>>>>

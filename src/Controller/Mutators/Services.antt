-- ===== src/Controller/Mutators/Services.antt =====
-- serviceMutator.Mutate and lbServiceMutator.Mutate of internal/controller/service.go and
-- lbservice.go
pub mod LoadBalancers
use application_controller.Common.{
  String, Option, none, some, List, [], ◌∷◌, GoMap, lookup, insert, string_eq, concat, Eq,
}
use application_controller.Errors.{
  Error, sentinel, wrap_before, err_unknown_lb_service_port, Result, ok, err, ◌>>=◌,
}
use application_controller.Kube.{ContainerPort, ServicePort, ServiceSpec, ObjectMeta, Kind, Object}
use application_controller.Api.{Application, LoadBalancer}
use application_controller.Controller.Names.{selector_labels, external_dns_hostname_annotation}
use application_controller.Controller.Ports.{reconcile_service_ports}

-- corev1.ServicePort{Name: p.Name, TargetPort: intstr.FromString(p.Name), …}
unfoldable pub service_port : ContainerPort → ServicePort
service_port p = record {
  name = p.name;
  protocol = p.protocol;
  app_protocol = none;
  port = p.container_port;
  target_port = p.name;
  node_port = 0;
}

unfoldable pub service_ports : List ContainerPort → List ServicePort
unfolding service_port
service_ports [] = []
service_ports (p ∷ ps) = service_port p ∷ service_ports ps

unfoldable pub service_mutate : Application → Object Kind.service → Result (Object Kind.service)
service_mutate app svc =
    let spec = svc.spec in
    ok (record svc {
      spec = record spec {
        ports = reconcile_service_ports spec.ports (service_ports app.spec.ports);
        selector = selector_labels app;
      };
    })

-- addToMap; `none` is the nil map
unfoldable pub add_to_map {ℓ} :
    {K V : Type ℓ} ⦃e : Eq K⦄ → Option (GoMap K V) → K → V → Option (GoMap K V)
add_to_map none key value = some (insert key value [])
add_to_map (some m) key value = some (insert key value m)

-- for _, port := range app.Spec.Ports { appPortsByName[port.Name] = port }
unfoldable pub app_ports_by_name :
    GoMap String ContainerPort → List ContainerPort → GoMap String ContainerPort
app_ports_by_name m [] = m
app_ports_by_name m (p ∷ ps) = app_ports_by_name (insert p.name p m) ps

-- fmt.Errorf("%w: %q", ErrUnknownLBServicePort, n)
unfoldable pub unknown_port : String → Error
unknown_port n =
    wrap_before (sentinel err_unknown_lb_service_port) (concat (": \"" ∷ n ∷ "\"" ∷ []))

-- The loop over lb.PortNames; a name that no port has ends it.
unfoldable pub lb_ports : GoMap String ContainerPort → List String → Result (List ServicePort)
unfolding service_port unknown_port
lb_ports by_name [] = ok []
lb_ports by_name (n ∷ ns) = elim (lookup n by_name) [
  | none ↦ err (unknown_port n)
  | some p ↦ (lb_ports by_name ns >>= λ ports. ok (service_port p ∷ ports))
]

-- The rest of the mutate function, with the ports that it has collected.
unfoldable pub with_ports :
    Application → LoadBalancer → Object Kind.service → List ServicePort → Object Kind.service
with_ports app lb svc ports =
    let spec = svc.spec in
    let meta = svc.meta in
    record {
      meta = record meta {
        annotations = add_to_map meta.annotations external_dns_hostname_annotation lb.host;
      };
      spec = record spec {
        type = "LoadBalancer";
        ports = reconcile_service_ports spec.ports ports;
        selector = selector_labels app;
      };
    }

-- The caller has seen that the Application has a loadBalancer section.
unfoldable pub lb_service_mutate :
    Application → LoadBalancer → Object Kind.service → Result (Object Kind.service)
unfolding with_ports
lb_service_mutate app lb svc = do
  ports ← lb_ports (app_ports_by_name [] app.spec.ports) lb.port_names
  ok (with_ports app lb svc ports)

<<<<

- **THE PROBLEM**
Print only the lines running from the one with "add_to_map (some m)" to the final line of the data above, each exactly as it appears.

- **YOUR SOLUTION**
add_to_map (some m) key value = some (insert key value m)

-- for _, port := range app.Spec.Ports { appPortsByName[port.Name] = port }
unfoldable pub app_ports_by_name :
    GoMap String ContainerPort → List ContainerPort → GoMap String ContainerPort
app_ports_by_name m [] = m
app_ports_by_name m (p ∷ ps) = app_ports_by_name (insert p.name p m) ps

-- fmt.Errorf("%w: %q", ErrUnknownLBServicePort, n)
unfoldable pub unknown_port : String → Error
unknown_port n =
    wrap_before (sentinel err_unknown_lb_service_port) (concat (": \"" ∷ n ∷ "\"" ∷ []))

-- The loop over lb.PortNames; a name that no port has ends it.
unfoldable pub lb_ports : GoMap String ContainerPort → List String → Result (List ServicePort)
unfolding service_port unknown_port
lb_ports by_name [] = ok []
lb_ports by_name (n ∷ ns) = elim (lookup n by_name) [
  | none ↦ err (unknown_port n)
  | some p ↦ (lb_ports by_name ns >>= λ ports. ok (service_port p ∷ ports))
]

-- The rest of the mutate function, with the ports that it has collected.
unfoldable pub with_ports :
    Application → LoadBalancer → Object Kind.service → List ServicePort → Object Kind.service
with_ports app lb svc ports =
    let spec = svc.spec in
    let meta = svc.meta in
    record {
      meta = record meta {
        annotations = add_to_map meta.annotations external_dns_hostname_annotation lb.host;
      };
      spec = record spec {
        type = "LoadBalancer";
        ports = reconcile_service_ports spec.ports ports;
        selector = selector_labels app;
      };
    }

-- The caller has seen that the Application has a loadBalancer section.
unfoldable pub lb_service_mutate :
    Application → LoadBalancer → Object Kind.service → Result (Object Kind.service)
unfolding with_ports
lb_service_mutate app lb svc = do
  ports ← lb_ports (app_ports_by_name [] app.spec.ports) lb.port_names
  ok (with_ports app lb svc ports)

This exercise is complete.